Discovering and translating new markers and mechanisms of atherosclerosis.

What is the issue for NSW?

Professor Figtree is a clinician researcher whose integrated program of research extends from fundamental discovery through to clinical trials, interventional cardiology and implementation. She coordinates a team of multi-disciplinary researchers, driven by the increasing number of heart attack patients who are asking “why me”? While it is imperative that we treat established risk factors, this approach “misses” a substantial group of patients who are not identified as “at risk”.

Indeed, the proportion of patients presenting with life-threatening heart attacks to Professor Figtree’s hospital with 0 standard modifiable risk factors [SMuRFs] has increased from 13% 10 years ago to ~30% in 2014. Her driving hypothesis is that major residual mechanisms for atherosclerosis can be unravelled by comprehensive molecular characterisation of such “athero-vulnerable” and “athero-resilient” patients.

What does the research aim to do and how?

Professor Figtree has established and continues to expand a suite of biobanks that combine state-of-the-art imaging of the heart with a panel of high-technology “omics” measures and clinical data.

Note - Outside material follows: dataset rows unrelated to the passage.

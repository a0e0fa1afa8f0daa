-- ===== src/Benchmark/Engine/Origin.antt =====
-- The result of a run names its track and its engine.
use media_api.Base.{◌≡◌, refl, Option, none, some, List, Bytes, Result, ok, err}
use media_api.Base.Integers.{ℤ}
use media_api.Benchmark.Packets.{Failure}
use media_api.Benchmark.Quality.{Floats, Quality, compare_pcm}
use media_api.Benchmark.Engine.{
  SoundkitOpus, LibopusRust, encode_track, decode_track, EngineResult, Run, or_panic, text_of,
  on_compared, on_decoded, on_encoded, run_engine,
}

module _ (fl : Floats) (soundkit : SoundkitOpus) (libopus : LibopusRust) where
  abbrev pub Names :
      Run fl soundkit libopus → Result (EngineResult fl soundkit libopus) Failure → Type 0
  Names run (err e) = Unit
  Names run (ok r) = (r.track ≡ run.track.name) × (r.backend ≡ run.backend)

  or_panic-Names :
      (run : Run fl soundkit libopus) (e : Failure) (f : Bytes → EngineResult fl soundkit libopus)
      (text : Option Bytes)
      → ((x : Bytes) → Names run (ok (f x)))
      → Names run (or_panic fl soundkit libopus e f text)
  or_panic-Names run e f none h = tt
  or_panic-Names run e f (some x) h = h x

  on_compared-Names :
      (run : Run fl soundkit libopus) (encoded : Bytes) (decoded : List ℤ)
      (q : Result (Option (Quality fl)) Failure)
      → Names run (on_compared fl soundkit libopus run encoded decoded q)
  unfolding on_compared
  on_compared-Names run encoded decoded (err e) = tt
  on_compared-Names run encoded decoded (ok q) = (refl, refl)

  on_decoded-Names :
      (run : Run fl soundkit libopus) (encoded : Bytes) (r : Result (List ℤ) Failure)
      → Names run (on_decoded fl soundkit libopus run encoded r)
  unfolding on_decoded
  on_decoded-Names run encoded (err e) =
      or_panic-Names run e _ (text_of fl soundkit libopus run.backend e) (λ x. (refl, refl))
  on_decoded-Names run encoded (ok decoded) =
      on_compared-Names run encoded decoded (compare_pcm fl run.checks run.track.pcm decoded)

  on_encoded-Names :
      (run : Run fl soundkit libopus) (r : Result Bytes Failure)
      → Names run (on_encoded fl soundkit libopus run r)
  unfolding on_encoded
  on_encoded-Names run (err e) =
      or_panic-Names run e _ (text_of fl soundkit libopus run.backend e) (λ x. (refl, refl))
  on_encoded-Names run (ok encoded) =
      on_decoded-Names run encoded (decode_track fl soundkit libopus run.backend run.config encoded)

  pub run_engine-Names :
      (run : Run fl soundkit libopus) → Names run (run_engine fl soundkit libopus run)
  unfolding run_engine
  run_engine-Names run =
      on_encoded-Names run (encode_track fl soundkit libopus run.backend run.config run.track.pcm)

Through novel computational bioinformatics approaches she plans to unravel new mechanisms and biomarkers of both coronary artery disease susceptibility and resilience.

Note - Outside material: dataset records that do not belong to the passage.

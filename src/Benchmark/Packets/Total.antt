-- ===== src/Benchmark/Packets/Total.antt =====
-- Reading a packet stream comes to an end, whatever the bytes.
use media_api.Base.{
  ℕ, zero, suc, ◌*◌, ◌≤◌, ◌<◌, ◌≢◌, List, [], ◌∷◌, Bytes, Result, ok, err, drop, length,
  length-drop, is_empty, arith, ltb, ◌==◌, Bool-cases, inl, inr, take,
}
use media_api.Base.Integers.{ℤ}
use media_api.Benchmark.Packets.{
  Opus, Failure, out_of_fuel, padded, on_encoded, encode_chunks, encode_with, on_decoded, on_length,
  decode_packets, decode_with, from_le_bytes,
}

module _ (o : Opus) where
  -- The rest of a loop, where it ends.
  abbrev Ends : (o.Decoder → List ℤ → List ℤ → Result (List ℤ) Failure) → Type 0
  Ends next = (d : o.Decoder) (scratch decoded : List ℤ) → next d scratch decoded ≢ err out_of_fuel

  on_decoded-Ends :
      (message : Bytes → Bytes) (channels : ℕ)
      (next : o.Decoder → List ℤ → List ℤ → Result (List ℤ) Failure) (decoded : List ℤ)
      (r : Result (ℕ × List ℤ × o.Decoder) Bytes)
      → Ends next
      → on_decoded o message channels next decoded r ≢ err out_of_fuel
  unfolding on_decoded
  on_decoded-Ends message channels next decoded (err x) k = λ h. cc
  on_decoded-Ends message channels next decoded (ok (count, scratch, d)) k =
      elim (Bool-cases (ltb (length scratch) (count * channels))) [
        | inl short ↦ rw short (λ h. cc)
        | inr enough ↦ rw enough (k d scratch _)
      ]

  on_length-Ends :
      (message : Bytes → Bytes) (channels : ℕ)
      (again : Bytes → o.Decoder → List ℤ → List ℤ → Result (List ℤ) Failure) (packet_len : ℕ)
      (rest : Bytes)
      → ((bytes : Bytes) → length bytes ≤ length rest → Ends (again bytes))
      → Ends (on_length o message channels again packet_len rest)
  unfolding on_length
  on_length-Ends message channels again packet_len rest k d scratch decoded =
      elim (Bool-cases (packet_len == 0)) [
        | inl none ↦ rw none (k rest (omega arith) d scratch decoded)
        | inr some ↦ rw some elim (Bool-cases (ltb (length rest) packet_len)) [
          | inl short ↦ rw short (λ h. cc)
          | inr enough ↦ rw enough (
              on_decoded-Ends message channels (again (drop packet_len rest)) decoded
                (o.decode d (take packet_len rest) scratch)
                (k (drop packet_len rest) (omega (arith, length-drop {0} packet_len rest))))
        ]
      ]

  decode_packets-Ends :
      (message : Bytes → Bytes) (channels f : ℕ) (packets : Bytes)
      → length packets < f
      → Ends (decode_packets o message channels f packets)
  unfolding decode_packets
  decode_packets-Ends message channels zero packets h d scratch decoded = absurd (omega arith)
  decode_packets-Ends message channels (suc f) (a ∷ b ∷ c ∷ e ∷ rest) h d scratch decoded =
      on_length-Ends message channels (decode_packets o message channels f) (from_le_bytes a b c e)
        rest (λ bytes le. decode_packets-Ends message channels f bytes (omega arith)) d scratch
        decoded
  decode_packets-Ends message channels (suc f) packets h d scratch decoded = λ q. cc

  -- The reader's loop comes to an end on every byte string, whatever the decoder answers.
  pub decode_with-Ends :
      (message : Bytes → Bytes) (d : o.Decoder) (channels : ℕ) (packets : Bytes)
      → decode_with o message d channels packets ≢ err out_of_fuel
  unfolding decode_with
  decode_with-Ends message d channels packets =
      decode_packets-Ends message channels (suc (length packets)) packets (omega arith) d _ []

  on_encoded-Ends :
      (message : Bytes → Bytes) (next : o.Encoder → Bytes → Result Bytes Failure) (packets : Bytes)
      (r : Result (Bytes × o.Encoder) Bytes)
      → ((e : o.Encoder) (packets : Bytes) → next e packets ≢ err out_of_fuel)
      → on_encoded o message next packets r ≢ err out_of_fuel
  unfolding on_encoded
  on_encoded-Ends message next packets (err x) k = λ q. cc
  on_encoded-Ends message next packets (ok (encoded, e)) k = elim (Bool-cases (is_empty encoded)) [
    | inl b ↦ rw b (k e _)
    | inr b ↦ rw b (k e _)
  ]

  encode_chunks-Ends :
      (message : Bytes → Bytes) (n : ℕ) (cs : List (List ℤ)) (e : o.Encoder) (packets : Bytes)
      → encode_chunks o message n cs e packets ≢ err out_of_fuel
  unfolding encode_chunks
  encode_chunks-Ends message n [] e packets = λ q. cc
  encode_chunks-Ends message n (chunk ∷ cs) e packets =
      on_encoded-Ends message (encode_chunks o message n cs) packets (o.encode e (padded o n chunk))
        (encode_chunks-Ends message n cs)

  -- So does the writer's loop, on every track.
  pub encode_with-Ends :
      (message : Bytes → Bytes) (e : o.Encoder) (channels size : ℕ) (pcm : List ℤ)
      → encode_with o message e channels size pcm ≢ err out_of_fuel
  unfolding encode_with
  encode_with-Ends message e channels size pcm = elim (Bool-cases (size * channels == 0)) [
    | inl b ↦ rw b (λ q. cc)
    | inr b ↦ rw b (encode_chunks-Ends message (size * channels) _ e [])
  ]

Given coronary artery disease kills approximately 3x more Australians than the leading individual cancer, the expanding group with “SMuRFless” coronary artery disease has enormous public health significance. Furthermore, new mechanistic pathways will likely have broad relevance, bringing improved risk stratification and targeted preventative management to all patients at risk of atherosclerosis. She has established a collaboration with Professor Alex Brown to ensure novel markers can be tested for efficacy in the Indigenous population.

Discoveries made during the proposed program of work will guide the design of dedicated trials testing the ability of new markers to guide clinician decision making above and beyond traditional risk factor profiling, with beneficial outcomes on health. Existing intellectual property (USA14/069913), a formal research agreement with NSW Health Pathology and CDA with Abbott Diagnostics highlights Professor Figtree’s commitment to commercialisation and translation. Her position in national and international clinical leadership groups and extensive network of collaborators leading cardiovascular advances and practices will ensure rapid translation and benefit to international patient populations.

In addition to the risk identification and prognostic value of Professor Figtree’s study, her team is well positioned to discover completely novel pathophysiological pathways relevant to atherosclerosis. These will pave the way for testing new therapeutic targets. Her team are well placed to capitalise on such discoveries, with an established pipeline for drug development that progresses from preclinical disease models to humans.